By Anyang’ Nyong’o
anyongo@yahoo.com

How does an economy grow? That, perhaps, is a question that could very well be posed to college students taking Economics 101. The answer that could be given by a reasonably bright student could run like this. “An economy grows when people produce more goods and services for their own consumption and satisfaction and as surpluses to be sold to others who, in turn, inject more money into that economy. Over time, as these people continue to produce more so as to consume and sell more, they become richer...” Stop there.

“Richer” is the word, or “better off” if you like. When any government does things to stop its citizens living better something must have gone wrong with that government. There is something happening in Kenya today, which is affecting almost every ordinary Kenyan. Without having become richer or better off, Kenyans are finding out that they have to pay more money to access goods or services they need. The most terrible experience Kenyans are going through is to have to pay rates, taxes, rents, permits etc for services rendered by national and county government at phenomenal quantum than ever before. Some rates have been hiked up by 400 per cent while salaries and incomes either remain the same or have gone down due to inflation.

If it is the objective of government to “grow” the economy, then it is rather ironical that more and more money is being taken away from the people by the government instead of leaving this money in their pockets so that they can invest it in production and produce the goods they can consume or sell to improve their life.

Let me take a practical example in the city of Nairobi. This city continues to be in dire need of housing for people in all categories, particularly middle and lower income housing. This city also needs more office space to be developed so as to satisfy the growing demand but also help lower the price per unit space. Any tax policy should have this in mind before going on the rampage to harvest money from citizens.

I know that the real estate sector has been booming continuously since the Narc days. But that was because Narc’s Economic Recovery Strategy adopted a tax policy which was much more progressive than the current approach. At that point in time, more taxes were collected by broadening the tax base while lowering the tax rate. The economy also grew by leaps and bounds.

Today increasing the tax rate beyond the means of every taxpayer seems to be the in-thing. Rather than grow, we are witnessing stagnation or shrinkage of the economy. Housing development for medium and lower income Kenyans is, no doubt, stagnating and bordering on shrinking. A good example follows. Up to late last year, if one were to build a medium bungalow in Nairobi at the cost of Sh4.5 million, one would have paid about Sh8,000 to get the plans approved.

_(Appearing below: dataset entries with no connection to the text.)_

-- ===== src/Task.antt =====
-- internal/db/TaskEngine.go: tasks made from definitions, their states, and the follow-on tasks that
-- a closed task spawns. The tables of PostgreSQL are lists of rows and an operation is a function of
-- them; a transaction that fails leaves them as they were.
pub mod States
pub mod Model
pub mod Scope
pub mod Spawning
pub mod Engine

As from December last year, this fee was increased to Sh55,000; that is over 600 per cent increase. For a medium income Kenyan civil servant who gets a loan from Harambee Sacco to build his first family house from a salary that has not been increased over the last five years, this is a very big disincentive to borrow money and improve one’s standard of living.

What is worse is when government does such things without according citizens any public hearing as consumers of government services. It is not enough to argue that the previous rates were too low.

It is more important to seek to explain why they were low, what harm was done by such rates and why a 600 per cent increase is needed in the context where there is an unlikely improvement of services by the city at the same increased quantum. The tendency for government and quasi government institutions to charge an arm and a leg for services rendered without improving the quality of services has always rubbed Kenyans the wrong way.

For quite some time now Kenya Power Company (KPC) has been levying many taxes on electricity. Kenyans have dutifully paid their power bills without seeing any improvement in the services rendered by KPC. If anything, the more money KPC collects the more power outages we experience. In my rural home in Rata in Kisumu County, it is a standard practice by KPC to switch off power arbitrarily any time it rains. On calling the company’s emergency line the answer is always a standard one: technical hitch.

A most disturbing experience was last Monday when I reported power failure in Tom Mboya Estate in Kisumu due to some power lines touching each other. This situation was dangerous and required prompt action.

Having been reported to KPC Kisumu office at one o’clock, and following phone calls from me repeated umpteenth times, the emergency services finally arrived at the site at 9pm: 8 hours later!

If devolved government is to justify itself in the eyes of the people then its service delivery needs to be less costly, more efficient, more people centred and more sensitive to complaints whenever expressed.

Judging, however, with our experience so far, we may easily be transferring the bad manners in national government to county governments. The political culture of viewing governing as a favour to the people where rights are seen as privileges, civil servants act as civil masters and ordinary citizens viewed as helpless and seeking favours must be banished.